Recorded information
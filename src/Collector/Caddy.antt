-- ===== src/Collector/Caddy.antt =====
-- internal/collector/caddy.go: the HTTP population of one exact host, and the collector's memory of the
-- last one. A Go map is an association list; strconv.Quote is an argument.
pub mod Collect
pub mod Continuity
pub mod Population
pub mod Remembered
use statlite.Result.{Result, ok, err, ◌>>=◌, ◌>>◌, refuse}
use statlite.Float.{Float64}
use statlite.Time.{Time}
use statlite.Collector.Model.{
  CollectionResult, counter, error, add_sample, add_event, finite_nonnegative,
}
use statlite.Bytes.{Bytes, ascii, bytes_eq, is_nil}
use statlite.Prometheus.{Limits, Format, Label, Sample}
use statlite.Prometheus.Samples.{FloatText, read_digits}
use statlite.Prometheus.Exposition.{Body, Parsed, parse}
use statlite.Prelude.{
  ℕ, ◌+◌, ◌<◌, Bool, true, false, not, ◌&&◌, ◌||◌, Option, none, some, List, [], ◌∷◌, ◌++◌, ltb,
  leb, ◌==◌, if◌then◌else◌, is_some, get_or_else, length,
}

abbrev pub caddy_max_tuples : ℕ
caddy_max_tuples = 256

abbrev pub caddy_max_count : ℕ
caddy_max_count = 9_007_199_254_740_991

pub record CaddyTuple (F : Type 0) : Type 0 where
  pub count : F
  pub sum : F
  pub has_count : Bool
  pub has_sum : Bool
  pub code : ℕ

pub record CaddyPopulation (F : Type 0) : Type 0 where
  pub host : Bytes
  pub server : Bytes
  pub tuples : List (Bytes × CaddyTuple F)

pub data CaddyError : Type 0 where
  missing_label : Bytes → CaddyError
  invalid_status_code : CaddyError
  ambiguous_server : CaddyError
  invalid_value : CaddyError
  too_many_tuples : CaddyError
  duplicate_count : CaddyError
  duplicate_duration : CaddyError
  unmatched_tuple : CaddyError
  count_overflow : CaddyError
  duration_overflow : CaddyError

-- labels[name], of which the last one counts.
unfoldable pub label_value : Bytes → List Label → Option Bytes
label_value name [] = none
label_value name (l ∷ ls) =
    let rest = label_value name ls in
    if is_some rest then rest else if bytes_eq l.name name then some l.value else none

abbrev pub is_other : Option Bytes → Bytes → Bool
is_other none value = false
is_other (some v) value = not (bytes_eq v value)

abbrev pub required_labels : List Bytes
required_labels =
    ascii "host" ∷ ascii "handler" ∷ ascii "server" ∷ ascii "method" ∷ ascii "code" ∷ []

-- labels[name] == ""
abbrev pub is_missing : List Label → Bytes → Bool
is_missing labels name = is_nil (get_or_else (label_value name labels) [])

unfoldable pub first_missing : List Label → List Bytes → Option Bytes
first_missing labels [] = none
first_missing labels (name ∷ names) =
    let rest = first_missing labels names in if is_missing labels name then some name else rest

abbrev pub refuse_missing : Option Bytes → Result CaddyError (Unit {0})
refuse_missing none = ok tt
refuse_missing (some name) = err (missing_label name)

abbrev pub in_status_range : Option ℕ → Result CaddyError ℕ
in_status_range none = err invalid_status_code
in_status_range (some code) =
    if ltb code 100 || ltb 599 code then err invalid_status_code else ok code

-- Three characters from 100 to 599; one with a sign is below 100 as strconv.Atoi reads it.
unfoldable pub status_code : Bytes → Result CaddyError ℕ
unfolding read_digits
status_code text =
    if not (length text == 3) then err invalid_status_code else in_status_range (read_digits 0 text)

-- strings.Compare(a, b) < 0
unfoldable pub bytes_lt : Bytes → Bytes → Bool
bytes_lt [] [] = false
bytes_lt [] (_ ∷ _) = true
bytes_lt (_ ∷ _) [] = false
bytes_lt (a ∷ s) (b ∷ t) = ltb a b || ((a == b) && bytes_lt s t)

unfoldable pub insert_label : Label → List Label → List Label
unfolding bytes_lt
insert_label l [] = l ∷ []
insert_label l (k ∷ ks) = if bytes_lt k.name l.name then k ∷ insert_label l ks else l ∷ k ∷ ks

unfoldable pub sort_labels : List Label → List Label
unfolding insert_label
sort_labels [] = []
sort_labels (l ∷ ls) = insert_label l (sort_labels ls)

unfoldable pub quote_labels : (Bytes → Bytes) → List Label → Bytes
quote_labels quote [] = []
quote_labels quote (l ∷ ls) = quote l.name ++ (quote l.value ++ quote_labels quote ls)

module _ {A : Type 0} where
  unfoldable pub find_tuple : Bytes → List (Bytes × A) → Option A
  find_tuple key [] = none
  find_tuple key ((k, t) ∷ ts) =
      let rest = find_tuple key ts in if bytes_eq k key then some t else rest

  unfoldable pub set_tuple : Bytes → A → List (Bytes × A) → List (Bytes × A)
  set_tuple key t [] = (key, t) ∷ []
  set_tuple key t ((k, u) ∷ ts) =
      let rest = set_tuple key t ts in if bytes_eq k key then (key, t) ∷ ts else (k, u) ∷ rest

  unfoldable pub insert_tuple : Bytes → A → List (Bytes × A) → List (Bytes × A)
  unfolding bytes_lt
  insert_tuple key t [] = (key, t) ∷ []
  insert_tuple key t ((k, u) ∷ ts) =
      let rest = insert_tuple key t ts in
      if bytes_lt k key then (k, u) ∷ rest else (key, t) ∷ (k, u) ∷ ts

  -- slices.Sort(keys), with each key's tuple.
  unfoldable pub sort_tuples : List (Bytes × A) → List (Bytes × A)
  unfolding insert_tuple
  sort_tuples [] = []
  sort_tuples ((k, t) ∷ ts) = insert_tuple k t (sort_tuples ts)

pub record CaddyTotals (F : Type 0) : Type 0 where
  pub requests : F
  pub not_found : F
  pub client_errors : F
  pub server_errors : F
  pub duration : F

abbrev pub is_ambiguous : Bytes → Bytes → Bool
is_ambiguous server other = not (is_nil server) && not (bytes_eq server other)

module _ {F : Type 0} ⦃fl : Float64 F⦄ where
  abbrev pub no_tuple : CaddyTuple F
  no_tuple = record {
    count = fl.zero_f;
    sum = fl.zero_f;
    has_count = false;
    has_sum = false;
    code = 0;
  }

  abbrev pub is_count_value : F → Bool
  is_count_value value =
      fl.feq (fl.trunc value) value && not (fl.flt (fl.of_nat caddy_max_count) value)

  -- The tuple with a sample's value.
  unfoldable pub fill_tuple : Bool → ℕ → F → CaddyTuple F → Result CaddyError (CaddyTuple F)
  fill_tuple true code value t = do
    refuse t.has_count duplicate_count
    ok (record t { code = code; count = value; has_count = true })
  fill_tuple false code value t = do
    refuse t.has_sum duplicate_duration
    ok (record t { code = code; sum = value; has_sum = true })

  -- A sample of the population: the checks after the labels are known to be its own.
  unfoldable pub accept_tuple :
      (Bytes → Bytes) → Bool → CaddyPopulation F → Sample F → Result CaddyError (CaddyPopulation F)
  unfolding fill_tuple
  accept_tuple quote is_count p sample = do
    refuse_missing (first_missing sample.labels required_labels)
    code ← status_code (get_or_else (label_value (ascii "code") sample.labels) [])
    let server = get_or_else (label_value (ascii "server") sample.labels) []
    refuse (is_ambiguous p.server server) ambiguous_server
    refuse
        (not (finite_nonnegative sample.value) || (is_count && not (is_count_value sample.value)))
        invalid_value
    let identity = quote_labels quote (sort_labels sample.labels)
    let known = find_tuple identity p.tuples
    refuse (not (is_some known) && leb caddy_max_tuples (length p.tuples)) too_many_tuples
    tuple ← fill_tuple is_count code sample.value (get_or_else known no_tuple)
    ok (record p { server = server; tuples = set_tuple identity tuple p.tuples })

  unfoldable pub accept :
      (Bytes → Bytes) → CaddyPopulation F → Sample F → Result CaddyError (CaddyPopulation F)
  accept quote p sample =
      let is_count = bytes_eq sample.name (ascii "caddy_http_request_duration_seconds_count") in
      if not is_count
        && not (bytes_eq sample.name (ascii "caddy_http_request_duration_seconds_sum"))
      then ok p
      else if is_other (label_value (ascii "host") sample.labels) p.host
      then ok p
      else if is_other (label_value (ascii "handler") sample.labels) (ascii "subroute")
      then ok p
      else accept_tuple quote is_count p sample

  abbrev pub add_if : Bool → F → F → F
  add_if b total value = if b then fl.add total value else total

  -- A round of the loop over the sorted tuples.
  unfoldable pub add_tuple : CaddyTotals F → CaddyTuple F → Result CaddyError (CaddyTotals F)
  add_tuple totals t = do
    refuse (not t.has_count || not t.has_sum) unmatched_tuple
    refuse (fl.flt (fl.sub (fl.of_nat caddy_max_count) totals.requests) t.count) count_overflow
    let totals' : CaddyTotals F = record {
      requests = fl.add totals.requests t.count;
      not_found = add_if (t.code == 404) totals.not_found t.count;
      client_errors = add_if (leb 400 t.code && leb t.code 499) totals.client_errors t.count;
      server_errors = add_if (leb 500 t.code) totals.server_errors t.count;
      duration = fl.add totals.duration t.sum;
    }
    refuse (not (finite_nonnegative totals'.duration)) duration_overflow
    ok totals'

  unfoldable pub add_tuples :
      CaddyTotals F → List (Bytes × CaddyTuple F) → Result CaddyError (CaddyTotals F)
  unfolding add_tuple
  add_tuples totals [] = ok totals
  add_tuples totals ((_, t) ∷ ts) = add_tuple totals t >>= λ totals'. add_tuples totals' ts

  abbrev pub no_totals : CaddyTotals F
  no_totals = record {
    requests = fl.zero_f;
    not_found = fl.zero_f;
    client_errors = fl.zero_f;
    server_errors = fl.zero_f;
    duration = fl.zero_f;
  }

  unfoldable pub totals : CaddyPopulation F → Result CaddyError (CaddyTotals F)
  totals p = add_tuples no_totals (sort_tuples p.tuples)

Exercise prompt
In the listing above, find the line with "add_tuple totals t = do" and the line with "requests = fl.add", then print exactly those lines and every line between them.

Answer below
  add_tuple totals t = do
    refuse (not t.has_count || not t.has_sum) unmatched_tuple
    refuse (fl.flt (fl.sub (fl.of_nat caddy_max_count) totals.requests) t.count) count_overflow
    let totals' : CaddyTotals F = record {
      requests = fl.add totals.requests t.count;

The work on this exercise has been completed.